Measurements such as “adjusted free cash flow” and “net cash" do not have uniform definitions and are not recognized in accordance with U.S. GAAP. Such measures should not be viewed as alternatives to GAAP measures of performance or liquidity. However, management believes that “adjusted free cash flow” is a meaningful measure of our ability to fund acquisitions, and that an analysis of “net cash” assists investors in understanding aspects of our cash and debt management. These measures, as calculated by us, may not be comparable to similarly titled measures used by other companies.
Approximately 95% and 86% of our cash and cash equivalents balance at March 28, 2020 and December 31, 2019, respectively, was held by our non-U.S. subsidiaries.
See the following table for the percentage of cash and cash equivalents, by region, at March 28, 2020 and December 31, 2019:

March 28, 2020
 
December 31, 2019
Israel
30
%
 
23
%
Asia
25
%
 
7
%
Europe
16
%
 
28
%
United States
5
%
 
14
%
United Kingdom
16
%
 
17
%
Canada
8
%
 
11
%

100
%
 
100
%
We earn a significant amount of our operating income outside the United States, the majority of which is deemed to be indefinitely reinvested in the foreign jurisdictions. As a result, as discussed above, a significant portion of our cash and short-term investments are held by foreign subsidiaries. The Company will continue to evaluate its cash needs, however we currently do not intend, nor do we foresee a need, to repatriate funds in excess of what is already planned.
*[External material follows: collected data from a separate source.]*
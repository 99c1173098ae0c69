-- ===== src/RtmpServer/Chunks/Writing.antt =====
-- `rtmp_write_chunk_header` and `rtmp_chunk_write` of src/modules/rtmp_server/rtmp_server.c.
pub mod Reference
use strero.Prelude.{
  ℕ, zero, suc, ◌+◌, ◌-◌, ◌*◌, ◌/◌, ◌%◌, Bool, true, false, ◌||◌, Option, none, some, List, [], ◌∷◌,
  ◌++◌, leb, ltb, ◌==◌, if◌then◌else◌, length, take, drop, Bytes, ℤ, minus_one,
}
use strero.RtmpServer.{ChunkHeader, Message, Connection, Wire, be24, be32, le32}
use strero.RtmpServer.Socket.{
  Outcome, done, returned, M, continue, ◌>>=◌, ◌>>◌, pure, rtmp_write_bytes,
}

-- The three bytes of a timestamp, 0xFFFFFF where it stands behind the header.
unfoldable pub timestamp_bytes : ℕ → Bytes
timestamp_bytes t = if leb 16777215 t then 255 ∷ 255 ∷ 255 ∷ [] else be24 t

-- The message header of each type.
unfoldable pub message_header : ChunkHeader → ℕ → Bytes
message_header h fmt =
    if fmt == 0
    then timestamp_bytes h.timestamp
      ++ (be24 h.message_length ++ (h.message_type_id ∷ le32 h.message_stream_id))
    else if fmt == 1
    then timestamp_bytes h.timestamp ++ (be24 h.message_length ++ (h.message_type_id ∷ []))
    else timestamp_bytes h.timestamp

module _ {W : Type 0} (wire : Wire W) (fd : ℤ) where
  unfoldable pub write_basic_header : ℕ → ℕ → M W (Unit {0})
  write_basic_header id fmt =
      if ltb id 64
      then rtmp_write_bytes wire fd ((fmt * 64 + id) ∷ [])
      else if ltb id 320
      then (do
        rtmp_write_bytes wire fd ((fmt * 64) ∷ [])
        rtmp_write_bytes wire fd ((id - 64) ∷ []))
      else (do
        rtmp_write_bytes wire fd ((fmt * 64 + 1) ∷ [])
        rtmp_write_bytes wire fd (((id - 64) % 256) ∷ ((id - 64) / 256 % 256) ∷ []))

  unfoldable pub write_extended : ℕ → M W (Unit {0})
  write_extended t = if leb 16777215 t then rtmp_write_bytes wire fd (be32 t) else pure tt

  unfoldable pub write_message_header : ChunkHeader → ℕ → M W (Unit {0})
  write_message_header h fmt =
      if fmt == 3
      then pure tt
      else (do rtmp_write_bytes wire fd (message_header h fmt); write_extended h.timestamp)

  unfoldable pub rtmp_write_chunk_header : ChunkHeader → ℕ → M W (Unit {0})
  rtmp_write_chunk_header h fmt = do
    write_basic_header h.chunk_stream_id fmt
    write_message_header h fmt

  -- A chunk: type 0 for the first one, type 3 for the others.
  unfoldable pub write_chunk : ChunkHeader → ℕ → Bytes → M W (Unit {0})
  write_chunk h fmt piece = do rtmp_write_chunk_header h fmt; rtmp_write_bytes wire fd piece

-- The rest of the loop, unless the chunk failed.
unfoldable pub after_chunk :
    {W : Type 0}
    → (W → Option (Outcome (Unit {0}) × W))
    → Outcome (Unit {0}) × W
    → Option (Outcome (Unit {0}) × W)
after_chunk later (done _, w) = later w
after_chunk later (returned code, w) = some (returned code, w)

module _ {W : Type 0} (wire : Wire W) (fd : ℤ) (chunk_size_out : ℕ) where
  -- The loop until `bytes_written` is the message's length: `left` bytes are not written yet, and
  -- `bytes` is the payload from there on. `none` is a call without a result: a read behind the end of
  -- the payload, or a loop that does not end, as it does for chunks of no bytes.
  unfoldable pub write_chunks :
      ℕ → ChunkHeader → ℕ → ℕ → Bytes → W → Option (Outcome (Unit {0}) × W)
  write_chunks rounds h fmt zero bytes w = some (done tt, w)
  write_chunks zero h fmt (suc left) bytes w = none
  write_chunks (suc rounds) h fmt (suc left) bytes w =
      let data_size = if ltb chunk_size_out (suc left) then chunk_size_out else suc left in
      elim (leb data_size (length bytes)) [
        | false ↦ none
        | true ↦
            after_chunk (write_chunks rounds h 3 (suc left - data_size) (drop data_size bytes))
              (write_chunk wire fd h fmt (take data_size bytes) w)
      ]

-- `payload` is `none` for NULL.
unfoldable pub rtmp_chunk_write :
    {W : Type 0}
    → Wire W
    → Connection
    → ChunkHeader
    → Option Bytes
    → W
    → Option (Outcome (Unit {0}) × W)
rtmp_chunk_write wire conn h none w = some (returned minus_one, w)
rtmp_chunk_write wire conn h (some payload) w =
    if h.message_length == 0
    then some (returned minus_one, w)
    else write_chunks wire conn.socket_fd conn.chunk_size_out h.message_length h 0 h.message_length
        payload w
The Company will evaluate the possibility of repatriating future cash provided such repatriation can be accomplished in a tax efficient manner. In addition, we expect existing domestic cash, short-term investments, and cash flows from operations to continue to be sufficient to fund our domestic operating activities and cash commitments for investing and financing activities, such as debt repayment and capital expenditures, for at least the next 12 months and thereafter for the foreseeable future.
If we should require more capital in the United States than is generated by our domestic operations, for example, to fund significant discretionary activities, such as business acquisitions, we could elect to repatriate future earnings from foreign jurisdictions or raise capital in the United States through debt or equity issuances. These alternatives could result in higher tax expense, increased interest expense, or dilution of our earnings. We consider the majority of the undistributed earnings of our foreign subsidiaries, as of March 28, 2020, to be indefinitely reinvested.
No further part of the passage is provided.